Adam Adamant dies! Gerald Harper was one of the suave adventurers of 60s TV as the Edwardian swordsman Adam Adamant, who got frozen and wakes up in the swinging sixties. He also played the dapper squire star of Hadleigh. Kenneth Colley played Admiral Piett in the Star Wars films and WAS the Messiah in The Life of Brian. Gailard Sartain was a regular in Jim Varney’s Ernest movies, Lynn Hamilton played girlfriend to Redd Foxx’s cantankerous Sanford in Sanford & Son, Pippa Scott acted in The Twilight Zone, and Harris Yulin was a reliable character actor including in Scarface and Ghostbusters 2. Jack Betts was probably best known as Oscorp board member in Spider-Man, and of the Vigoda/Dunn vintage he also portrayed an octogenarian on One Life to Live back when he was 53.

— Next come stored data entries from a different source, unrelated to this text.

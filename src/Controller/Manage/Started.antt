-- ===== src/Controller/Manage/Started.antt =====
-- Managing a local job that has no pod yet.
use kubeflow_controller.Common.{String, Bool, true, none, some, [], ◌≡◌, refl, ap, ◌∙◌, arith}
use kubeflow_controller.Common.Int.{pos}
use kubeflow_controller.Common.Outcome.{Outcome, ok, fail, Err, index}
use kubeflow_controller.Common.Go.{◌>>=◌, resume}
use kubeflow_controller.Api.{PodTemplateSpec, TfJob, set_runtime_id}
use kubeflow_controller.Checker.{is_local_job}
use kubeflow_controller.Platform.{Platform, Sync}
use kubeflow_controller.Platform.Cluster.{Session, Call, result, invoke, create_pod}
use kubeflow_controller.Tensorflow.Types.{Event}
use kubeflow_controller.Tensorflow.Local.{LocalJob, new_local_job}
use kubeflow_controller.Tensorflow.Local
use kubeflow_controller.Tensorflow.Local.Needs.{HasTemplate, composed, local_action_starts}
use kubeflow_controller.Controller.Labels.{match_labels}
use kubeflow_controller.Controller.Util.{new_controller_ref}
use kubeflow_controller.Controller.Manage.{
  expect, observe, lowered, add_local_pod, manage_local, manage_local_action, manage_kind,
  manage_tf_job,
}

module _ (p : Platform) (job : TfJob) (h : HasTemplate job) (id : String) where
  open p use {machinery, cluster, names}

  -- The job under this runtime ID, and its template.
  abbrev pub started : TfJob
  started = composed names job h id

  abbrev pub template_of : PodTemplateSpec
  template_of = record h.template { labels = some (match_labels (set_runtime_id id job) h.typ) }

  -- The one pod that is asked for.
  abbrev pub request : Call
  request = create_pod job.metadata.namespace template_of (new_controller_ref started)

  first_spec : index started.spec.specs (pos 0) ≡ ok (record h.spec { template = some template_of })
  first_spec = ground arith

  -- The pod is asked for, and its creation expected before.
  abbrev pub asked : String → Sync p → Outcome (Unit {0}) × Sync p
  asked key s =
      let (answer, session) = invoke cluster request s.session in
      lowered p key (answer, record (expect p key (pos 1) s) { session = session })

  add_local_pod-asks :
      (key : String) (s : Sync p)
      → add_local_pod p key (pos 1) (started, s) ≡ ((asked key s).0, (started, (asked key s).1))
  unfolding add_local_pod expect
  add_local_pod-asks key s = rw (first_spec, add_local_pod) refl

module _ (p : Platform) (job : TfJob) (h : HasTemplate job) (s : Sync p) where
  open p use {machinery, names}

  -- The name generator and the runtime ID after the plan.
  abbrev pub fresh_id : String
  fresh_id = (names.generate "" s.gen).0

  abbrev pub drawn : Sync p
  drawn = record s { gen = (names.generate "" s.gen).1 }

  -- What is left of a method on the job, which is then the composed one.
  abbrev pub with_job : Outcome (Unit {0}) × Sync p → Outcome (Unit {0}) × (TfJob × Sync p)
  with_job (r, t) = (r, (started p job h fresh_id, t))

  abbrev after_plan :
      String → Outcome Event × (LocalJob × names.Gen) → Outcome (Unit {0}) × (TfJob × Sync p)
  after_plan key x =
      resume x.0 (λ event. manage_local_action p key event.action event.number)
        (x.1.0.tf_job, record s { gen = x.1.1 })

  planned :
      (key : String)
      → manage_local p key [] (pos 0) (job, s)
        ≡ after_plan key (Local.action names (new_local_job job [] (pos 0), s.gen))
  unfolding manage_local
  planned key = refl

  starts :
      (key : String)
      → after_plan key (Local.action names (new_local_job job [] (pos 0), s.gen))
        ≡ add_local_pod p key (pos 1) (started p job h fresh_id, drawn)
  unfolding manage_local_action
  starts key = ap (after_plan key) (local_action_starts names job s.gen h)

  manage_local-asks :
      (key : String)
      → manage_local p key [] (pos 0) (job, s) ≡ with_job (asked p job h fresh_id key drawn)
  manage_local-asks key = planned key ∙ starts key ∙ add_local_pod-asks p job h fresh_id key drawn

  -- manageTFJob asks for the pod.
  pub manage_tf_job-asks :
      {key : String}
      → is_local_job job ≡ ok true
      → machinery.key_func job.metadata ≡ ok key
      → manage_tf_job p [] [] [] [] (pos 0) (job, s) ≡ with_job (asked p job h fresh_id key drawn)
  unfolding manage_tf_job manage_kind
  manage_tf_job-asks {key} kind made =
      let by_kind = λ (key : String) (local : Bool). manage_kind p [] [] [] [] (pos 0) key local in
      ap
        (λ r.
          resume r (λ key. (λ (t : TfJob × Sync p). (is_local_job t.0, t)) >>= by_kind key)
            (job, s))
        made
      ∙ ap (λ r. resume r (by_kind key) (job, s)) kind
      ∙ manage_local-asks key

module _ (p : Platform) (job : TfJob) (h : HasTemplate job) (id key : String) (s : Sync p) where
  open p use {cluster, expectations}

  -- The session after the pod was asked for.
  abbrev pub after_request : Session cluster
  after_request = (invoke cluster (request p job h id) s.session).1

  pub asked-taken :
      (cluster.respond (request p job h id) s.session.world).0 ≡ none
      → asked p job h id key s
        ≡ (ok tt, record (expect p key (pos 1) s) { session = after_request })
  unfolding invoke
  asked-taken e =
      ap
        (λ o. lowered p key (result o, record (expect p key (pos 1) s) { session = after_request }))
        e

  pub asked-refused :
      {e : Err}
      → (cluster.respond (request p job h id) s.session.world).0 ≡ some e
      → asked p job h id key s
        ≡ (fail e, observe p key (record (expect p key (pos 1) s) { session = after_request }))
  unfolding invoke
  asked-refused e =
      ap
        (λ o. lowered p key (result o, record (expect p key (pos 1) s) { session = after_request }))
        e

The 100 Club lost Dole CEO David H. Murdock (whose 102 years fall short of his goal to reach 125) and astronomer Francis Graham-Smith, one of the first to accurately pinpoint radio galaxies. Settling for a Sulu are pioneering neurosurgeon Gazi Yasargil and Ariana’s mum Marjorie Grande. Sport lost Middlesbrough forward Alan Peacock, cricketer David “Syd” Lawrence, racehorse trainers Peter Easterby and D. Wayne Lukas, ice hockey player Alex Delvecchio. Bill Atkinson contributed many functions to Apple computers, Bill O’Brien was former Labour MP for Normanton, and Bill Moyers was LBJ’s press secretary and among the last noteworthy survivors of his administration.